Chelsea Transfer News: Is It Time for Fernando Torres to Leave Chelsea?

Matthew Snyder@schnides14Analyst IIIMay 21, 2012

MUNICH, GERMANY - MAY 19:  Fernando Torres of Chelsea celebrates with the trophy after their victory in the UEFA Champions League Final between FC Bayern Muenchen and Chelsea at the Fussball Arena München on May 19, 2012 in Munich, Germany.  (Photo by Mike Hewitt/Getty Images)
Mike Hewitt/Getty Images

Saturday's Champions League final was fraught with drama—no one sets a dramatic score better than commentator Martin Tyler, who was at his scene-setting best during the penalty shootout—but what  captured my attention most decisively during the proceedings was the introduction of Fernando Torres in the 84th minute, immediately following Bayern Munich's opening of the scoring.

Torres would say later he was "hugely disappointed" at being omitted from the starting lineup, but it is to his credit that once he did come on, he looked like the striker who'd once struck fear into the hearts of defenders all over Europe.

Arsenal's Robin van Persie was the toast of the English Premier League this season, his 30 goals the best tally among his peers. But it was Torres back in 2007-08, just his first season with Liverpool after arriving from Atletico Madrid on a £21.5 million transfer, who was the scourge.

The No. 9 Spaniard was near unstoppable for the Reds that season, tallying 24 league goals in just 33 appearances, a number that bloomed to 31 strikes in all competitions.

Not known as one to bedazzle viewers with winding bits of individual skill like a Lionel Messi, Torres instead displayed a predatory instinct around the goalmouth area that was nigh-inimitable. Few could turn nothing into something like he could.

But that was then. Since he scored the winner for Spain against Germany in the 2008 European final, Torres began to fall further and further off the incredible pace he'd set for himself.

Fourteen league goals in 2008-09, in Liverpool's last concerted push at a Premiership title, were admirable, but since then Torres has been a shell of his 2007-08 self.

Scoring the winner against Germany in the '08 Euro final.
Scoring the winner against Germany in the '08 Euro final.Clive Rose/Getty Images

That precipitous dip in form, along with a crippling slew of injuries—Torres was named to the 2010 Spain squad that emerged as winners of World Cup South Africa, but after scoring twice during the '08 Euros, he went scoreless in that competition—caused more than a few eyebrows to be raised when his £50 million transfer to Chelsea went through at the 2011 winter transfer deadline.

He failed to adapt to his new London surroundings, showing none of that instinctive finishing he'd become renowned for at Merseyside.

His misses became more newsworthy than his goals, which came few and far between.

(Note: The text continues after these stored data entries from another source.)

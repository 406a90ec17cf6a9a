-- ===== src/Scheduler/Threads/Leaves.antt =====
-- Where the leaves are that have been pushed, whatever the interleaving.
use forge_ann.Prelude.{
  ℕ, ◌+◌, ◌≡◌, refl, ap, ◌∙◌, Option-cases, inl, inr, List, [], ◌∷◌, ◌++◌, arith,
}
use forge_ann.Scheduler.{
  QueuedLeaf, ForgeannScheduler, push_leaf, add_task, remove_task, update_peak_backlog,
  start_leaf_execution, remove_inflight,
}
use forge_ann.Scheduler.Ends.{push_leaf-some, pop_leaf-some}
use forge_ann.Scheduler.Threads.{
  System, Phase, become, next_step, started, Work, takes, advances, Step, emits, works, Reach, here,
  next, run, discard, pushing, crediting_work, crediting_mem, noting_peak, giving_back,
  debiting_work, debiting_mem, starting, dropping, running, leaving,
}
use forge_ann.Scheduler.Threads.Tally.{sum, sum-append, sum-at, held}
use forge_ann.Scheduler.Threads.Counts.{
  SameTasks, add_queued_work-SameTasks, add_queued_mem-SameTasks, remove_queued_work-SameTasks,
  remove_queued_mem-SameTasks,
}

-- Every leaf that was pushed is in the queue, with a thread, processed or dropped, as often as it was
-- pushed: `f` can tell any leaves apart.
unfoldable pub IsKept : (QueuedLeaf → ℕ) → System → Type 0
IsKept f x =
    sum f x.accepted
    ≡ sum f x.shared.leaf_backlog
      + (sum (held f) x.threads + (sum f x.processed + sum f x.discarded))

module _ (f : QueuedLeaf → ℕ) where
  module _ (x : System) (before : List Phase) (p : Phase) (after : List Phase)
      (e : x.threads ≡ before ++ (p ∷ after)) (k : IsKept f x) where
    -- A step keeps the leaves if what it adds is what it takes.
    become-IsKept :
        (s : ForgeannScheduler) (ps : List Phase) (acc proc disc : List QueuedLeaf)
        → sum f acc
            + (sum f x.shared.leaf_backlog + (held f p + (sum f x.processed + sum f x.discarded)))
          ≡ sum f x.accepted
            + (sum f s.leaf_backlog + (sum (held f) ps + (sum f proc + sum f disc)))
        → IsKept f (record {
          shared = s;
          threads = before ++ (ps ++ after);
          accepted = acc;
          processed = proc;
          discarded = disc;
        })
    unfolding sum IsKept
    become-IsKept s ps acc proc disc h =
        let old = ap (sum (held f)) e ∙ sum-at (held f) before (p ∷ []) after in
        let new = sum-at (held f) before ps after in omega arith

    moved-IsKept :
        (s : ForgeannScheduler) (ps : List Phase)
        → SameTasks x.shared s
        → sum (held f) ps ≡ held f p
        → IsKept f (become x before s ps after)
    moved-IsKept s ps same h =
        let backlog = ap (sum f) same.2 in
        become-IsKept s ps x.accepted x.processed x.discarded (omega arith)

  next_step-IsKept :
      (x : System) (before : List Phase) (p : Phase) (after : List Phase)
      → x.threads ≡ before ++ (p ∷ after)
      → IsKept f x
      → IsKept f (next_step x before p after)
  unfolding next_step sum held update_peak_backlog remove_task start_leaf_execution remove_inflight
  next_step-IsKept x before (pushing q) after e k = elim (Option-cases (push_leaf x.shared q)) [
    | inl full ↦
        rw (full, next_step)
          (moved-IsKept x before _ after e k x.shared (giving_back q ∷ []) (refl, refl, refl) refl)
    | inr (s', pushed) ↦
        let backlog =
          ap (λ (t : ForgeannScheduler). sum f t.leaf_backlog) (push_leaf-some x.shared q pushed)
          ∙ sum-append f x.shared.leaf_backlog (q ∷ []) in
        rw (pushed, next_step)
          (become-IsKept x before _ after e k s' (crediting_work q ∷ []) (q ∷ x.accepted)
            x.processed x.discarded (omega arith))
  ]
  next_step-IsKept x before (crediting_work q) after e k =
      moved-IsKept x before _ after e k _ (crediting_mem q ∷ [])
        (add_queued_work-SameTasks x.shared q) refl
  next_step-IsKept x before (crediting_mem q) after e k =
      moved-IsKept x before _ after e k _ (noting_peak ∷ []) (add_queued_mem-SameTasks x.shared q)
        refl
  next_step-IsKept x before noting_peak after e k =
      become-IsKept x before _ after e k (update_peak_backlog x.shared) [] x.accepted x.processed
        x.discarded refl
  next_step-IsKept x before (giving_back q) after e k =
      become-IsKept x before _ after e k (remove_task x.shared) [] x.accepted x.processed
        x.discarded refl
  next_step-IsKept x before (debiting_work fate q) after e k =
      moved-IsKept x before _ after e k _ (debiting_mem fate q ∷ [])
        (remove_queued_work-SameTasks x.shared q) (omega arith)
  next_step-IsKept x before (debiting_mem run q) after e k =
      moved-IsKept x before _ after e k _ (starting q ∷ []) (remove_queued_mem-SameTasks x.shared q)
        (omega arith)
  next_step-IsKept x before (debiting_mem discard q) after e k =
      moved-IsKept x before _ after e k _ (dropping q ∷ []) (remove_queued_mem-SameTasks x.shared q)
        (omega arith)
  next_step-IsKept x before (starting q) after e k =
      become-IsKept x before _ after e k (start_leaf_execution x.shared) (running q ∷ []) x.accepted
        x.processed x.discarded (omega arith)
  next_step-IsKept x before (dropping q) after e k =
      become-IsKept x before _ after e k (remove_task x.shared) [] x.accepted x.processed
        (q ∷ x.discarded) (omega arith)
  next_step-IsKept x before (running q) after e k =
      become-IsKept x before _ after e k (remove_inflight x.shared) (leaving q ∷ []) x.accepted
        (q ∷ x.processed) x.discarded (omega arith)
  next_step-IsKept x before (leaving q) after e k =
      become-IsKept x before _ after e k (remove_task x.shared) [] x.accepted x.processed
        x.discarded refl

  Work-IsKept : {x y : System} → Work x y → IsKept f x → IsKept f y
  unfolding sum held IsKept
  Work-IsKept {x} (takes fate q s e) k =
      let (rest, backlog, g) = pop_leaf-some x.shared e in
      let was = ap (sum f) backlog in
      let is = ap (λ (t : ForgeannScheduler). sum f t.leaf_backlog) g in omega arith
  Work-IsKept {x} (advances before p after e) k = next_step-IsKept x before p after e k

  Step-IsKept : {x y : System} → Step x y → IsKept f x → IsKept f y
  unfolding sum held add_task IsKept
  Step-IsKept (emits q) k = omega arith
  Step-IsKept (works w) k = Work-IsKept w k

  pub Reach-IsKept :
      {s : ForgeannScheduler} {y : System} → s.leaf_backlog ≡ [] → Reach (started s) y → IsKept f y
  unfolding IsKept sum
  Reach-IsKept e here = let none_yet = ap (sum f) e in omega arith
  Reach-IsKept e (next r st) = Step-IsKept st (Reach-IsKept e r)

He looked like a fish out of water under the coaching of both Carlo Ancelotti last season and Andre Villas-Boas for most of the just-finished campaign.

One thinks his arrival at Stamford Bridge was likely influenced more by Blues owner Roman Abramovich than Ancelotti, and it goes without saying that the Italian boss had his work cut out for him trying to construct cohesive lineups with three out-and-out strikers (Didier Drogba, Nicolas Anelka and Torres) on his books.

Matters didn't improve much after Villas-Boas took over at the start of 2011-12—Torres scored just two league goals while AVB was manager—but after Roberto di Matteo took over in early March, the Spaniard looked reborn.

It was a resurgence shared by many of the senior players at Chelseatake Ashley Cole, for example—but Torres's rise was near-meteoric.

Torres's relationship with Villas-Boas was notably tenuous.
Torres's relationship with Villas-Boas was notably tenuous.Clive Brunskill/Getty Images

Suddenly he was attacking the gaps in the final third with a vengeance not seen since those first Liverpool days. His inconsistency remained—after so many years of foundering, it's hard to shake that at a moment's notice—but he was far more dangerous than he had been. That much was evident.

And it was on show against Bayern on Saturday. Torres's work led to Chelsea's first and only corner on the night in Munich. That corner would lead to Didier Drogba's headed equalizer.

It was a vital contribution from the Spaniard, and it showed that, at 28, he can still play a decisive role on the grandest occasions. He's showed us that before, obviously, but we'd almost forgotten just how good this guy could be.

Now it appears he wants to continue his revitalization away from Chelsea. After being named to Spain's squad for the European Championships next month, he has revealed he will hold showdown talks with his current club in regards to his future.

Given how influential he was in the UCL final, any number of suitors would figure to be lining up to acquire his services.

But with Munich hero Didier Drogba set to leave Stamford Bridge this summer, and Anelka already gone, Torres could be the main striker for Chelsea next season.

Wouldn't that be a fitting scene for him to return to glory: the club he'd struggled so famously with at the start of his tenure. Almost smacks of a film script.